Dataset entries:
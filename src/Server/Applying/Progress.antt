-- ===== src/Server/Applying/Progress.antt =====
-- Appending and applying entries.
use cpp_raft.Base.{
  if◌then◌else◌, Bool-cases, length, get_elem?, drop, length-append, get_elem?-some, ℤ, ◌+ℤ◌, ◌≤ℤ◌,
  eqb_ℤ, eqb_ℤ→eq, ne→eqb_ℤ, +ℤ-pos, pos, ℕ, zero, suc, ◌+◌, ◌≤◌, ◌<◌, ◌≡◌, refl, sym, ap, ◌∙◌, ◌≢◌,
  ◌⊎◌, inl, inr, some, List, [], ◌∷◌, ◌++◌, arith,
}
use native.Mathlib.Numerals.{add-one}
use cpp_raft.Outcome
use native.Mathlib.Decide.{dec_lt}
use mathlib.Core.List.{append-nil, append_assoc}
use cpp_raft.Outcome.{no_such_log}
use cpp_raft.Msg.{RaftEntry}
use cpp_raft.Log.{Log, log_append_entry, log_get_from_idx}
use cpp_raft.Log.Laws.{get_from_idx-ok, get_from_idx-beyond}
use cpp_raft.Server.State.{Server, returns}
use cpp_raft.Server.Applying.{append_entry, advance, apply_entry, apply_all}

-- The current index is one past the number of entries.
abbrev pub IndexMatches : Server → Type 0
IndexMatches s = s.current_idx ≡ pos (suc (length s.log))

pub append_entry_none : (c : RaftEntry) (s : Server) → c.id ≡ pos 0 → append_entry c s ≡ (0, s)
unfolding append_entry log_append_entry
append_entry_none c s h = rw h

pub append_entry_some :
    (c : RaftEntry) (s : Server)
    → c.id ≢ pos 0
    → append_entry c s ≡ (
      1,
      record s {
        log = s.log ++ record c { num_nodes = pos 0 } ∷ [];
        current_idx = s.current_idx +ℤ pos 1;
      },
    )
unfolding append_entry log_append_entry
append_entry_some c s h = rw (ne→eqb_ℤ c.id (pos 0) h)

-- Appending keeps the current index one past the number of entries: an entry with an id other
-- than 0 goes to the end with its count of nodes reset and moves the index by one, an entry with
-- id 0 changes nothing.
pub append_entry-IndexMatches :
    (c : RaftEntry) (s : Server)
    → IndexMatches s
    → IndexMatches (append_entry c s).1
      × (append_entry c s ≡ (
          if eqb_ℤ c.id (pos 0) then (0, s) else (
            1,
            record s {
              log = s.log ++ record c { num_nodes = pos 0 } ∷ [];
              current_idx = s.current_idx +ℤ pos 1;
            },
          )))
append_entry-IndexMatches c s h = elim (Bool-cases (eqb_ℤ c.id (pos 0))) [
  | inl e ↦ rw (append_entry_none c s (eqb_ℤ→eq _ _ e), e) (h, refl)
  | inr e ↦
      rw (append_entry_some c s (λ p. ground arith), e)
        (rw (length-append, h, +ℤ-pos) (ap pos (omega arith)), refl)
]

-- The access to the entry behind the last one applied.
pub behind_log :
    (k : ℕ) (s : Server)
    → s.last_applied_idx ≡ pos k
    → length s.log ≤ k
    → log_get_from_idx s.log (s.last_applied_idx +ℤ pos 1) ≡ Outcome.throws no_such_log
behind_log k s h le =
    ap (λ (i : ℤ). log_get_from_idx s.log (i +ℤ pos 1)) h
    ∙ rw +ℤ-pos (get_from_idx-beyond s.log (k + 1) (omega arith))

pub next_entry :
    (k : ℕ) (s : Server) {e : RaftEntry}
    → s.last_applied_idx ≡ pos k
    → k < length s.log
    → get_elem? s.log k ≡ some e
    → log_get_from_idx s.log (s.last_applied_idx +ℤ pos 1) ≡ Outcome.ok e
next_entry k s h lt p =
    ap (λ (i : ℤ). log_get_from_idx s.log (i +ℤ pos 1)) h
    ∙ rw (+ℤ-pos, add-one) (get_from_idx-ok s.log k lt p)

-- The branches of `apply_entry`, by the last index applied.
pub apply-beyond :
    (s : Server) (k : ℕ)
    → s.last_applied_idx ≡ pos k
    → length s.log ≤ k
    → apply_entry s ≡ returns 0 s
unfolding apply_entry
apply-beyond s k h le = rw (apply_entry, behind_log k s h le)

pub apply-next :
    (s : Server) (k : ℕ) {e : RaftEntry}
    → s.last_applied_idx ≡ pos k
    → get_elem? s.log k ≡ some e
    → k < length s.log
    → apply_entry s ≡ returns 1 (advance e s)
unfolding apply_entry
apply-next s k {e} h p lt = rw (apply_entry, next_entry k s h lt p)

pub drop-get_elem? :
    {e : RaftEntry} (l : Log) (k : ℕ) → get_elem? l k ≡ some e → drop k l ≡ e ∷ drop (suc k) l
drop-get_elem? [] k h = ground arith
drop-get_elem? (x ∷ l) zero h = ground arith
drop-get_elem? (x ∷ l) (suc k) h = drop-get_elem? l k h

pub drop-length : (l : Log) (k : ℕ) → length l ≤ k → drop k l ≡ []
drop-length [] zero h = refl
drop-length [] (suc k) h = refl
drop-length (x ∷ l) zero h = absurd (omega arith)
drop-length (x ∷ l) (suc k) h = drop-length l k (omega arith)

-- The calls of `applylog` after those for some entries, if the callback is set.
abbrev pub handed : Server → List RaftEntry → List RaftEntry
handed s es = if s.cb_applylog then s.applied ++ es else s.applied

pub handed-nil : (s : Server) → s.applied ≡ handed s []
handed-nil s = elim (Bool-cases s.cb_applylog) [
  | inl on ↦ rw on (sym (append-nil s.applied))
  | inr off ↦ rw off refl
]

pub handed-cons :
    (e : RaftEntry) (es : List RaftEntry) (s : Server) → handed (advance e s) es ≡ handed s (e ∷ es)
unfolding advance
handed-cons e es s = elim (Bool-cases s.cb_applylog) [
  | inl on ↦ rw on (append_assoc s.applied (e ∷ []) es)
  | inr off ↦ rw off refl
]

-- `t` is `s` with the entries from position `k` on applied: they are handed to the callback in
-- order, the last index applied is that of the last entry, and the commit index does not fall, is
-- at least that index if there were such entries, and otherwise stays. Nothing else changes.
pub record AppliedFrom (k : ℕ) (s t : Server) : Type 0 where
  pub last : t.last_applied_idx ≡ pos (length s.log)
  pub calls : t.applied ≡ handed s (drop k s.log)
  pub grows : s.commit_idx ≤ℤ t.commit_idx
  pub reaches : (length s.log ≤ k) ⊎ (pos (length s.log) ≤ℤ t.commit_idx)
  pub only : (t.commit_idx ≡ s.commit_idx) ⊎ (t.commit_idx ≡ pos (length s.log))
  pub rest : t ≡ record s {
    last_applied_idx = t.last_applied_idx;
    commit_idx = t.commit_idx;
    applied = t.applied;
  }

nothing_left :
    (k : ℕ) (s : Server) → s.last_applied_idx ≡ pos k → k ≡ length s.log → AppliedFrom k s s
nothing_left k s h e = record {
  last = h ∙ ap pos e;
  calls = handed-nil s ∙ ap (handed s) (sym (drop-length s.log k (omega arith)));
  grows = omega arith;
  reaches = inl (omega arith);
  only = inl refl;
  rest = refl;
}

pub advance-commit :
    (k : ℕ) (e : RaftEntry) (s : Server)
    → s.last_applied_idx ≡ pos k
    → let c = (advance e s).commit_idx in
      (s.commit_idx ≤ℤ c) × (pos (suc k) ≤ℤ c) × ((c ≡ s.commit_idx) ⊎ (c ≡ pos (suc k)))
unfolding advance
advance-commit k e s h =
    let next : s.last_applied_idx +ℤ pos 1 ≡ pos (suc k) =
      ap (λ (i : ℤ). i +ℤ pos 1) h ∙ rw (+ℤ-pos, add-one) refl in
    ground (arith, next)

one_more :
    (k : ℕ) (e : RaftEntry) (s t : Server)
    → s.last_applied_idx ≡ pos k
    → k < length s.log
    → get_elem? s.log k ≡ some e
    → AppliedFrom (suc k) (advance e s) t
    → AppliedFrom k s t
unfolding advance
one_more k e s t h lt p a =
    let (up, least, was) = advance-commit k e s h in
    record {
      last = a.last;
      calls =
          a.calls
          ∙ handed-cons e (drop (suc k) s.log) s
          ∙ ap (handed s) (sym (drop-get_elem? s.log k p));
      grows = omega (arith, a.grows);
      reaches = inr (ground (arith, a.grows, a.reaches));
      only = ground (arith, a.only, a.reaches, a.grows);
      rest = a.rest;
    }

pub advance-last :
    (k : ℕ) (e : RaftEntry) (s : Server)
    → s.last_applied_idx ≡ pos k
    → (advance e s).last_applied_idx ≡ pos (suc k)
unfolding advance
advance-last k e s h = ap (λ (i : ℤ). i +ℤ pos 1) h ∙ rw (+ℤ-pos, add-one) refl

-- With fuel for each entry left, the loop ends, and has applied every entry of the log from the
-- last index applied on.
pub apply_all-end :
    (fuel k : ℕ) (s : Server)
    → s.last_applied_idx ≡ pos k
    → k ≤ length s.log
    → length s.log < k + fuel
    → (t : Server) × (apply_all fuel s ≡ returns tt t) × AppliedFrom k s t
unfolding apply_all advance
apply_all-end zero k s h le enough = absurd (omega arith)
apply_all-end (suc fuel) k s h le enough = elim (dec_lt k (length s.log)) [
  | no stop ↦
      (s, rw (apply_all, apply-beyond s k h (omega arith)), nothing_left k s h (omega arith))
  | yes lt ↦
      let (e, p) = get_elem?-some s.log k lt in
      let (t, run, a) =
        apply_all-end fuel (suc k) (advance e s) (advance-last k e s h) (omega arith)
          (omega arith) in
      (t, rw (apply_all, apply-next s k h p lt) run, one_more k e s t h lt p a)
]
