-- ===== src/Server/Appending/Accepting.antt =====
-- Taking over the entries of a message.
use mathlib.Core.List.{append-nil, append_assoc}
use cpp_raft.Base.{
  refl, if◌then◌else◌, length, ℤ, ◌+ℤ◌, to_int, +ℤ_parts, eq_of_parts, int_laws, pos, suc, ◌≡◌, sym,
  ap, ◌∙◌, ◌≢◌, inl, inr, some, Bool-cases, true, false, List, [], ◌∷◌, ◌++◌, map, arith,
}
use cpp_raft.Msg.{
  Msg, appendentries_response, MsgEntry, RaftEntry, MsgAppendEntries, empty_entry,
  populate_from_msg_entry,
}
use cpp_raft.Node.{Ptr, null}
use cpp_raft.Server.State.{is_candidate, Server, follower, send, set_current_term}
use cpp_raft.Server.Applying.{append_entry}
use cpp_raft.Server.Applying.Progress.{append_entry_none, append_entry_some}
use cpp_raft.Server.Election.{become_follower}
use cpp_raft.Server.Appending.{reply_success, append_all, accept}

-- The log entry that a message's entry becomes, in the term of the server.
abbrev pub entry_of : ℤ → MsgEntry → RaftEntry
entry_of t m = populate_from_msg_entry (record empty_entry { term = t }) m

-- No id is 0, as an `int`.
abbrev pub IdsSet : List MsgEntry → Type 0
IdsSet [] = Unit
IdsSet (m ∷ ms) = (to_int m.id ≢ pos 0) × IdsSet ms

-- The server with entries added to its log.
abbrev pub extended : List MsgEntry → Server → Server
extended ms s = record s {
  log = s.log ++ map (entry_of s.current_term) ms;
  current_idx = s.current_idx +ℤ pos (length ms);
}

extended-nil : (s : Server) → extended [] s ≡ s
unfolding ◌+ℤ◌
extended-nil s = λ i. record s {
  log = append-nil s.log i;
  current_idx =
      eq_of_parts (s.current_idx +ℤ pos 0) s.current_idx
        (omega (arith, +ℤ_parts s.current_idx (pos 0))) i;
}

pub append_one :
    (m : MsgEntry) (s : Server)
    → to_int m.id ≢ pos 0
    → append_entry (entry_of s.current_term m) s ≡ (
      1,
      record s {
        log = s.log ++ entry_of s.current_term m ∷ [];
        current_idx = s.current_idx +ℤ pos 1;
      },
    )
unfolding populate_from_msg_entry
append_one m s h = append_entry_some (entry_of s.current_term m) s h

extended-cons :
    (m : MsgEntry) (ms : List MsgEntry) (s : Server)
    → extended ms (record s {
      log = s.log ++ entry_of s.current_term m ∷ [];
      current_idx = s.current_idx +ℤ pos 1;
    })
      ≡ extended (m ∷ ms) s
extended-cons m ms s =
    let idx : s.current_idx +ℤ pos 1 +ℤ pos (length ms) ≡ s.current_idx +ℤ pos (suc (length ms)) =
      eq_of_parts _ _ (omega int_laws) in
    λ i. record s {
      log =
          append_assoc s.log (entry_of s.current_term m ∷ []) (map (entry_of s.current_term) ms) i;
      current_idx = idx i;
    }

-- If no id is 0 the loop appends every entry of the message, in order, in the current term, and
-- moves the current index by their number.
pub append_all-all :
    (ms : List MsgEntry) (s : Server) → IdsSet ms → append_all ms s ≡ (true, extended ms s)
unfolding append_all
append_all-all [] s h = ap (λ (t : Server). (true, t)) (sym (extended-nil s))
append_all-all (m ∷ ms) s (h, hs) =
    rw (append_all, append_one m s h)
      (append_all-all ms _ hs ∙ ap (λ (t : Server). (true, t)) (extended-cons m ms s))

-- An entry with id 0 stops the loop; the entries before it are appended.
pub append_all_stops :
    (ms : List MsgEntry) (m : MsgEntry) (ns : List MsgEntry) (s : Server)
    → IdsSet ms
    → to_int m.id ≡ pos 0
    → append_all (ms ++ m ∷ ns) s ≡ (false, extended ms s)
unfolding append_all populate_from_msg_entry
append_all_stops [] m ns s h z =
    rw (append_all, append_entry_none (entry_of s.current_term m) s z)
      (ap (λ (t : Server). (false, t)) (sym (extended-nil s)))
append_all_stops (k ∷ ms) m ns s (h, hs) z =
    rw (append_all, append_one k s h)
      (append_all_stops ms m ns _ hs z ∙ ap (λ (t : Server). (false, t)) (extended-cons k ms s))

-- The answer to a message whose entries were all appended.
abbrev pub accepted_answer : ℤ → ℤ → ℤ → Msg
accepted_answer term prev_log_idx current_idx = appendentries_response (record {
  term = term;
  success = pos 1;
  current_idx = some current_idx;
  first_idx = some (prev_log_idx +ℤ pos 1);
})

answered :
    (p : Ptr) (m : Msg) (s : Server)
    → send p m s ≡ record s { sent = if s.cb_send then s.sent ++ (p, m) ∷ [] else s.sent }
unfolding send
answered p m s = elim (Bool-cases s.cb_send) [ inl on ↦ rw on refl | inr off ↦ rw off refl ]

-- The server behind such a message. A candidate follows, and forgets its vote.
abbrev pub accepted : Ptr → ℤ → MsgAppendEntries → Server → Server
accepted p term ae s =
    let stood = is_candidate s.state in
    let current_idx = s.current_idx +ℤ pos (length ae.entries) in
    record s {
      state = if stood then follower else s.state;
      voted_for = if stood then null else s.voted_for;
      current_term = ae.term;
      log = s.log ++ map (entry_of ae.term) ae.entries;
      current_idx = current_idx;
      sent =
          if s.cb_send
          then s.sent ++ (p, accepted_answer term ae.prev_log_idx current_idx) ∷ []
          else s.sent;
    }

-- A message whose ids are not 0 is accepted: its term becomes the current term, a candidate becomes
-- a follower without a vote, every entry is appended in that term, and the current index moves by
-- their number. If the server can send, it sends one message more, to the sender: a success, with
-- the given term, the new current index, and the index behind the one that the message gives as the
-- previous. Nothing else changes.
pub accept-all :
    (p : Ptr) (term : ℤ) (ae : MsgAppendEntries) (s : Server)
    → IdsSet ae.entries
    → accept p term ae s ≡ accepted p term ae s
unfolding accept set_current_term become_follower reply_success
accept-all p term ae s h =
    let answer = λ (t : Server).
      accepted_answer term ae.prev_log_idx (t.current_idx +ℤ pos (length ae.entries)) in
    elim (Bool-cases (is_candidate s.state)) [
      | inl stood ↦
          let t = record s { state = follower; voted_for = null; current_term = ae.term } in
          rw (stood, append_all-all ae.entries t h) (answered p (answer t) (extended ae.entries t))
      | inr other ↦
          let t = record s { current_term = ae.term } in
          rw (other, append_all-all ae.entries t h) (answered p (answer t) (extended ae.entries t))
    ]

= What is required =
Retype only the stretch of lines above starting at the one with "grows = omega (arith, a.grows);" and stopping at the one with "s.log < k + fuel", exactly as written, with both kept.

= Answer to this exercise =
      grows = omega (arith, a.grows);
      reaches = inr (ground (arith, a.grows, a.reaches));
      only = ground (arith, a.only, a.reaches, a.grows);
      rest = a.rest;
    }

pub advance-last :
    (k : ℕ) (e : RaftEntry) (s : Server)
    → s.last_applied_idx ≡ pos k
    → (advance e s).last_applied_idx ≡ pos (suc k)
unfolding advance
advance-last k e s h = ap (λ (i : ℤ). i +ℤ pos 1) h ∙ rw (+ℤ-pos, add-one) refl

-- With fuel for each entry left, the loop ends, and has applied every entry of the log from the
-- last index applied on.
pub apply_all-end :
    (fuel k : ℕ) (s : Server)
    → s.last_applied_idx ≡ pos k
    → k ≤ length s.log
    → length s.log < k + fuel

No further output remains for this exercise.